[Dataset entries]
####################
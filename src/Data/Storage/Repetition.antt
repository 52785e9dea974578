-- ===== src/Data/Storage/Repetition.antt =====
-- `store_candles_and_gaps` of data/storage.py when it fails, and when the same download is stored
-- again.
use binance_testnet_trading.Base.{
  Bool, Bool-cases, List, Option, Result, String, [], ap, inl, inr, keep, map, none, ok, raise,
  refl, some, true, ℕ, ◌∷◌, ◌≡◌, ◌⊎◌,
}
use binance_testnet_trading.Data.Storage.{
  CandleDb, Key, Statement, StorageError, StoredGap, candle_key, commit, delete_gaps, gap_key,
  storage_error, store_candles_and_gaps, storing, upsert_candles, upsert_gaps, upserts,
}
use binance_testnet_trading.Data.Gaps.{GapRecord}
use binance_testnet_trading.Data.{Candle}
use binance_testnet_trading.Data.Storage.Lookup.{
  replace_rows, replace_rows_twice, row_at, upserts_twice,
}

keep_all : {A : Type 0} (xs : List A) → keep (λ x. true) xs ≡ xs
keep_all [] = refl
keep_all (x ∷ xs) = ap (λ l. x ∷ l) (keep_all xs)

-- The keys that are deleted, and the rows that are put in.
abbrev stale_keys : String → String → Option (List ℕ) → List Key
stale_keys symbol interval none = []
stale_keys symbol interval (some ts) = map (λ u. (symbol, interval, u)) ts

abbrev gap_rows : List GapRecord → String → String → ℕ → List StoredGap
gap_rows gaps symbol interval detected_at_ms =
    map
      (λ g. record {
        symbol = symbol;
        interval = interval;
        gap = g;
        detected_at_ms = detected_at_ms;
      })
      gaps

module _ {D : Type 0} (fails : Statement → Bool) (candles : List (Candle D)) (gaps : List GapRecord)
    (symbol interval : String) (detected_at_ms : ℕ) where
  abbrev pub written : Option (List ℕ) → CandleDb D → CandleDb D
  written stale db = record {
    candles = upserts candle_key candles db.candles;
    candle_gaps =
        replace_rows gap_key (stale_keys symbol interval stale)
          (gap_rows gaps symbol interval detected_at_ms) db.candle_gaps;
  }

  abbrev stored : Option (List ℕ) → CandleDb D → Result StorageError Unit × CandleDb D
  stored = store_candles_and_gaps fails candles gaps symbol interval detected_at_ms

  abbrev pub IsDecided : Option (List ℕ) → Type 0
  IsDecided stale =
      ((db : CandleDb D) → stored stale db ≡ (raise storage_error, db))
      ⊎ ((db : CandleDb D) → stored stale db ≡ (ok tt, written stale db))

  store_candles_and_gaps-none-IsDecided : IsDecided none
  unfolding store_candles_and_gaps storing
  store_candles_and_gaps-none-IsDecided = elim (Bool-cases (fails upsert_candles)) [
    | inl a ↦ inl (λ db. rw (a, store_candles_and_gaps, storing) refl)
    | inr a ↦ elim (Bool-cases (fails upsert_gaps)) [
      | inl c ↦ inl (λ db. rw (a, c, store_candles_and_gaps, storing) refl)
      | inr c ↦ elim (Bool-cases (fails commit)) [
        | inl d ↦ inl (λ db. rw (a, c, d, store_candles_and_gaps, storing) refl)
        | inr d ↦ inr (λ db.
            rw (a, c, d, store_candles_and_gaps, storing)
              (rw (a, c, d, storing, keep_all db.candle_gaps) refl))
      ]
    ]
  ]

  pub store_candles_and_gaps-IsDecided : (stale : Option (List ℕ)) → IsDecided stale
  unfolding store_candles_and_gaps storing
  store_candles_and_gaps-IsDecided none = store_candles_and_gaps-none-IsDecided
  store_candles_and_gaps-IsDecided (some []) = store_candles_and_gaps-none-IsDecided
  store_candles_and_gaps-IsDecided (some (t ∷ ts)) = elim (Bool-cases (fails upsert_candles)) [
    | inl a ↦ inl (λ db. rw (a, store_candles_and_gaps, storing) refl)
    | inr a ↦ elim (Bool-cases (fails delete_gaps)) [
      | inl b ↦ inl (λ db. rw (a, b, store_candles_and_gaps, storing) refl)
      | inr b ↦ elim (Bool-cases (fails upsert_gaps)) [
        | inl c ↦ inl (λ db. rw (a, b, c, store_candles_and_gaps, storing) refl)
        | inr c ↦ elim (Bool-cases (fails commit)) [
          | inl d ↦ inl (λ db. rw (a, b, c, d, store_candles_and_gaps, storing) refl)
          | inr d ↦ inr (λ db.
              rw (a, b, c, d, store_candles_and_gaps, storing) (rw (a, b, c, d, storing) refl))
        ]
      ]
    ]
  ]

  -- Storing a download either raises and leaves the database as it was, or it returns, and storing
  -- the same download again returns too and leaves the same row at every primary key of both tables.
  -- Whether a statement fails is taken not to change in between.
  pub store_candles_and_gaps_twice :
      (stale : Option (List ℕ)) (db : CandleDb D) (k : Key)
      → (store_candles_and_gaps fails candles gaps symbol interval detected_at_ms stale db
          ≡ (raise storage_error, db))
        ⊎ ((once : CandleDb D) × (again : CandleDb D) × (store_candles_and_gaps fails candles gaps
                symbol interval detected_at_ms stale db
              ≡ (ok tt, once))
            × (store_candles_and_gaps fails candles gaps symbol interval detected_at_ms stale once
                ≡ (ok tt, again))
            × (row_at candle_key k again.candles ≡ row_at candle_key k once.candles)
            × (row_at gap_key k again.candle_gaps ≡ row_at gap_key k once.candle_gaps))
  store_candles_and_gaps_twice stale db k = elim (store_candles_and_gaps-IsDecided stale) [
    | inl fails_always ↦ inl (fails_always db)
    | inr writes ↦ inr (
      written stale db,
      written stale (written stale db),
      writes db,
      writes (written stale db),
      upserts_twice candle_key k candles db.candles,
      replace_rows_twice gap_key k (stale_keys symbol interval stale)
          (gap_rows gaps symbol interval detected_at_ms) db.candle_gaps,
    )
  ]
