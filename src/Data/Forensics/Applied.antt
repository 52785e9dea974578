-- ===== src/Data/Forensics/Applied.antt =====
-- What `apply_gap_recovery` of data/gap_recovery.py writes.
use text.Mathlib.Text.{◌==◌ as str_eq}
use text.Mathlib.TextEquality.{eq_iff}
use binance_testnet_trading.Base.{
  Bool, Bool-cases, In, List, Option, Result, Result-cases, String, [], false, inl, inr, length,
  map, none, ok, raise, refl, some, ℕ, ◌++◌, ◌∷◌, ◌≡◌, ◌⊎◌,
}
use binance_testnet_trading.Data.Storage.{CandleDb, Key, Statement, candle_key, get_candles}
use binance_testnet_trading.Data.Forensics.Apply.{
  GapForensicReport, RecoveryApplyResult, RecoveryError, apply_gap_recovery, detected_or_now,
  incomplete_audit_error, lift_partition, lift_storage, not_partitioned, not_stored,
  recovered_candles, store_recovered, wrong_series,
}
use binance_testnet_trading.Data.{Candle}
use binance_testnet_trading.Data.Storage.Lookup.{row_at, row_at-upserts-In}
use binance_testnet_trading.Data.Forensics.{GapForensicResult}
use binance_testnet_trading.Data.Gaps.{partition_into_segments}
use binance_testnet_trading.Data.History.{dedup_by_open_time}
use binance_testnet_trading.Data.Storage.Repetition.{store_candles_and_gaps-IsDecided}

module _ {D : Type 0} (fails : Statement → Bool) (time_ms : ℕ) (symbol interval : String) where
  -- At a key, the row is the old one or a recovered candle.
  abbrev pub IsOldOrIn : List (Candle D) → Key → CandleDb D → CandleDb D → Type 0
  IsOldOrIn recovered k db after =
      (row_at candle_key k after.candles ≡ row_at candle_key k db.candles)
      ⊎ ((c : Candle D) × In c recovered
          × (candle_key c ≡ k)
          × (row_at candle_key k after.candles ≡ some c))

  abbrev Written :
      List (Candle D)
      → Key
      → CandleDb D
      → Result RecoveryError RecoveryApplyResult × CandleDb D
      → Type 0
  Written recovered k db run =
      ((e : RecoveryError) × (run ≡ (raise e, db)))
      ⊎ ((result : RecoveryApplyResult) × (after : CandleDb D) × (run ≡ (ok result, after))
          × (result.stored_candle_count ≡ length recovered)
          × IsOldOrIn recovered k db after)

  store_recovered-Written :
      (gap_results : List (GapForensicResult D)) (detected_at_ms : ℕ) (recovered : List (Candle D))
      (k : Key) (db : CandleDb D)
      → Written recovered k db
          (store_recovered fails time_ms symbol interval gap_results detected_at_ms recovered db)
  unfolding store_recovered lift_partition lift_storage
  store_recovered-Written gap_results detected_at_ms [] k db = inr (_, db, refl, refl, inl refl)
  store_recovered-Written gap_results detected_at_ms (c ∷ cs) k db =
      let existing = get_candles symbol interval none none db in
      let stale = some (map (λ g. g.gap.expected_open_time_ms) gap_results) in
      elim (Result-cases
        (partition_into_segments (dedup_by_open_time (existing ++ c ∷ cs)) interval)) [
          | inr (e, refused) ↦ rw refused (inl (not_partitioned e, refl))
          | inl (seg, split) ↦
              elim (store_candles_and_gaps-IsDecided fails (c ∷ cs) seg.gaps symbol interval
                detected_at_ms stale) [
                  | inl failing ↦ rw (split, failing db) (inl (not_stored, refl))
                  | inr writing ↦
                      rw (split, writing db)
                        (inr (_, _, refl, refl, row_at-upserts-In candle_key k (c ∷ cs) db.candles))
                ]
        ]

  -- Applying a report either raises and leaves the database as it was, or it returns. Then the audit
  -- was not interrupted and was made for this symbol and interval, the result counts the recovered
  -- candles of the report, and at every primary key the table of candles holds what it held before
  -- or one of those candles.
  pub apply_gap_recovery_writes :
      (report : GapForensicReport D) (detected_at_ms : Option ℕ) (k : Key) (db : CandleDb D)
      → ((e : RecoveryError) × (apply_gap_recovery fails time_ms symbol interval report
              detected_at_ms db
            ≡ (raise e, db)))
        ⊎ ((result : RecoveryApplyResult) × (after : CandleDb D) × (apply_gap_recovery fails time_ms
                symbol interval report detected_at_ms db
              ≡ (ok result, after))
            × (result.stored_candle_count ≡ length (recovered_candles report.gap_results))
            × IsOldOrIn (recovered_candles report.gap_results) k db after
            × (report.interrupted ≡ false)
            × (report.symbol ≡ symbol)
            × (report.interval ≡ interval))
  unfolding apply_gap_recovery
  apply_gap_recovery_writes report detected_at_ms k db =
      let recovered = recovered_candles report.gap_results in
      elim (Bool-cases report.interrupted) [
        | inl stopped ↦ rw stopped (inl (incomplete_audit_error, refl))
        | inr whole ↦ elim (Bool-cases (str_eq report.interval interval)) [
          | inr other ↦ rw (whole, other) (inl (wrong_series, refl))
          | inl intervals ↦ elim (Bool-cases (str_eq report.symbol symbol)) [
            | inr other ↦ rw (whole, intervals, other) (inl (wrong_series, refl))
            | inl symbols ↦
                rw (whole, intervals, symbols)
                  (elim (store_recovered-Written report.gap_results
                    (detected_or_now time_ms detected_at_ms) recovered k db) [
                      | inl failed ↦ inl failed
                      | inr (result, after, returned, count, rows) ↦ inr (
                        result,
                        after,
                        returned,
                        count,
                        rows,
                        refl,
                        (eq_iff report.symbol symbol).0 symbols,
                        (eq_iff report.interval interval).0 intervals,
                      )
                    ])
          ]
        ]
      ]
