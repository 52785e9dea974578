-- ===== src/Data/Forensics/Minutes.antt =====
-- The hour that `_aggregate_1m_to_1h` of data/gap_recovery.py makes of sixty minutes, described
-- without the order in which the minutes are folded.

use binance_testnet_trading.Base.{
  All, Bool-cases, In, List, String, [], ap, arith, false, if◌then◌else◌, inl, inr, length, map,
  refl, true, ℕ, ◌+◌, ◌∙◌, ◌∷◌, ◌≡◌,
}
use binance_testnet_trading.Numbers.{Decimals, IsOrdered, max_of, min_of}
use binance_testnet_trading.Data.{Candle, minute}
use binance_testnet_trading.Data.Forensics.{
  aggregate_1m_to_1h, highest, is_continuous_60_minutes, last_of, lowest, minutes_follow,
}

-- The candles open at `start` and then minute by minute.
abbrev pub OpensEveryMinute : {D : Type 0} → ℕ → List (Candle D) → Type 0
OpensEveryMinute start [] = Unit
OpensEveryMinute start (c ∷ cs) = (c.open_time_ms ≡ start) × OpensEveryMinute (start + minute) cs

minutes_follow-Opens :
    {D : Type 0} (c : Candle D) (cs : List (Candle D)) (start : ℕ)
    → c.open_time_ms ≡ start
    → minutes_follow (c ∷ cs) ≡ true
    → OpensEveryMinute start (c ∷ cs)
minutes_follow-Opens c [] start at h = (at, tt)
minutes_follow-Opens c (d ∷ cs) start at h =
    let step : d.open_time_ms ≡ start + minute = ground (arith, at, h) in
    let rest : minutes_follow (d ∷ cs) ≡ true = ground (arith, h) in
    (at, minutes_follow-Opens d cs (start + minute) step rest)

pub is_continuous-Opens :
    {D : Type 0} (candles : List (Candle D)) (hour : ℕ)
    → is_continuous_60_minutes candles hour ≡ true
    → (length candles ≡ 60) × OpensEveryMinute hour candles
unfolding is_continuous_60_minutes
is_continuous-Opens [] hour h = absurd (ground arith)
is_continuous-Opens (c ∷ cs) hour h =
    let at : c.open_time_ms ≡ hour = ground (arith, h) in
    let follow : minutes_follow (c ∷ cs) ≡ true = ground (arith, h) in
    (ground (arith, h), minutes_follow-Opens c cs hour at follow)

module _ {D : Type 0} ⦃num : Decimals D⦄ where
  -- A candle of the hour, from its minutes: `c` is the first of them.
  pub record IsHourOf (symbol : String) (hour : ℕ) (c : Candle D) (cs : List (Candle D))
      (candle : Candle D) : Type 0 where
    pub counted : length (c ∷ cs) ≡ 60
    pub every_minute : OpensEveryMinute hour (c ∷ cs)
    pub names :
        (candle.symbol ≡ symbol)
        × (candle.interval ≡ "1h")
        × (candle.open_time_ms ≡ hour)
        × (candle.close_time_ms ≡ hour + 3_599_999)
    pub opens : candle.open_price ≡ c.open_price
    pub closes : candle.close ≡ (last_of c cs).close
    pub top : All (λ m. num.lt candle.high m.high ≡ false) (c ∷ cs)
    pub top_reached : In candle.high (map (λ m. m.high) (c ∷ cs))
    pub bottom : All (λ m. num.lt m.low candle.low ≡ false) (c ∷ cs)
    pub bottom_reached : In candle.low (map (λ m. m.low) (c ∷ cs))

  module _ (ordered : IsOrdered D) where
    highest-bounds :
        (so_far : D) (cs : List (Candle D))
        → (num.lt (highest so_far cs) so_far ≡ false)
          × All (λ m. num.lt (highest so_far cs) m.high ≡ false) cs
    highest-bounds so_far [] = (ordered.lt_irrefl so_far, tt)
    highest-bounds so_far (c ∷ cs) =
        let (above, rest) = highest-bounds (max_of so_far c.high) cs in
        let left : num.lt (max_of so_far c.high) so_far ≡ false =
          elim (Bool-cases (num.lt so_far c.high)) [
            | inl less ↦ rw less (ordered.lt_asymm so_far c.high less)
            | inr more ↦ rw more (ordered.lt_irrefl so_far)
          ] in
        let right : num.lt (max_of so_far c.high) c.high ≡ false =
          elim (Bool-cases (num.lt so_far c.high)) [
            | inl less ↦ rw less (ordered.lt_irrefl c.high)
            | inr more ↦ rw more more
          ] in
        (ordered.le_trans so_far _ _ left above, (ordered.le_trans c.high _ _ right above, rest))

    lowest-bounds :
        (so_far : D) (cs : List (Candle D))
        → (num.lt so_far (lowest so_far cs) ≡ false)
          × All (λ m. num.lt m.low (lowest so_far cs) ≡ false) cs
    lowest-bounds so_far [] = (ordered.lt_irrefl so_far, tt)
    lowest-bounds so_far (c ∷ cs) =
        let (below, rest) = lowest-bounds (min_of so_far c.low) cs in
        let left : num.lt so_far (min_of so_far c.low) ≡ false =
          elim (Bool-cases (num.lt c.low so_far)) [
            | inl less ↦ rw less (ordered.lt_asymm c.low so_far less)
            | inr more ↦ rw more (ordered.lt_irrefl so_far)
          ] in
        let right : num.lt c.low (min_of so_far c.low) ≡ false =
          elim (Bool-cases (num.lt c.low so_far)) [
            | inl less ↦ rw less (ordered.lt_irrefl c.low)
            | inr more ↦ rw more more
          ] in
        (ordered.le_trans _ _ so_far below left, (ordered.le_trans _ _ c.low below right, rest))

  highest-In :
      (so_far : D) (cs : List (Candle D)) → In (highest so_far cs) (so_far ∷ map (λ m. m.high) cs)
  highest-In so_far [] = inl refl
  highest-In so_far (c ∷ cs) = elim (highest-In (max_of so_far c.high) cs) [
    | inr found ↦ inr (inr found)
    | inl e ↦ elim (Bool-cases (num.lt so_far c.high)) [
      | inl less ↦ inr (inl (e ∙ ap (λ b. if b then c.high else so_far) less))
      | inr more ↦ inl (e ∙ ap (λ b. if b then c.high else so_far) more)
    ]
  ]

  lowest-In :
      (so_far : D) (cs : List (Candle D)) → In (lowest so_far cs) (so_far ∷ map (λ m. m.low) cs)
  lowest-In so_far [] = inl refl
  lowest-In so_far (c ∷ cs) = elim (lowest-In (min_of so_far c.low) cs) [
    | inr found ↦ inr (inr found)
    | inl e ↦ elim (Bool-cases (num.lt c.low so_far)) [
      | inl less ↦ inr (inl (e ∙ ap (λ b. if b then c.low else so_far) less))
      | inr more ↦ inl (e ∙ ap (λ b. if b then c.low else so_far) more)
    ]
  ]

  pub aggregate-IsHourOf :
      (ordered : IsOrdered D) (symbol : String) (hour : ℕ) (c : Candle D) (cs : List (Candle D))
      → is_continuous_60_minutes (c ∷ cs) hour ≡ true
      → IsHourOf symbol hour c cs (aggregate_1m_to_1h symbol hour c cs)
  aggregate-IsHourOf ordered symbol hour c cs h = record {
    counted = (is_continuous-Opens (c ∷ cs) hour h).0;
    every_minute = (is_continuous-Opens (c ∷ cs) hour h).1;
    names = (refl, refl, refl, omega arith);
    opens = refl;
    closes = refl;
    top = highest-bounds ordered c.high cs;
    top_reached = highest-In c.high cs;
    bottom = lowest-bounds ordered c.low cs;
    bottom_reached = lowest-In c.low cs;
  }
####################
WHAT THE TASK REQUIRES
For each line above that carries the word "StoredGap", copy it out.

REPLY TO THE EXERCISE
  CandleDb, Key, Statement, StorageError, StoredGap, candle_key, commit, delete_gaps, gap_key,
abbrev gap_rows : List GapRecord → String → String → ℕ → List StoredGap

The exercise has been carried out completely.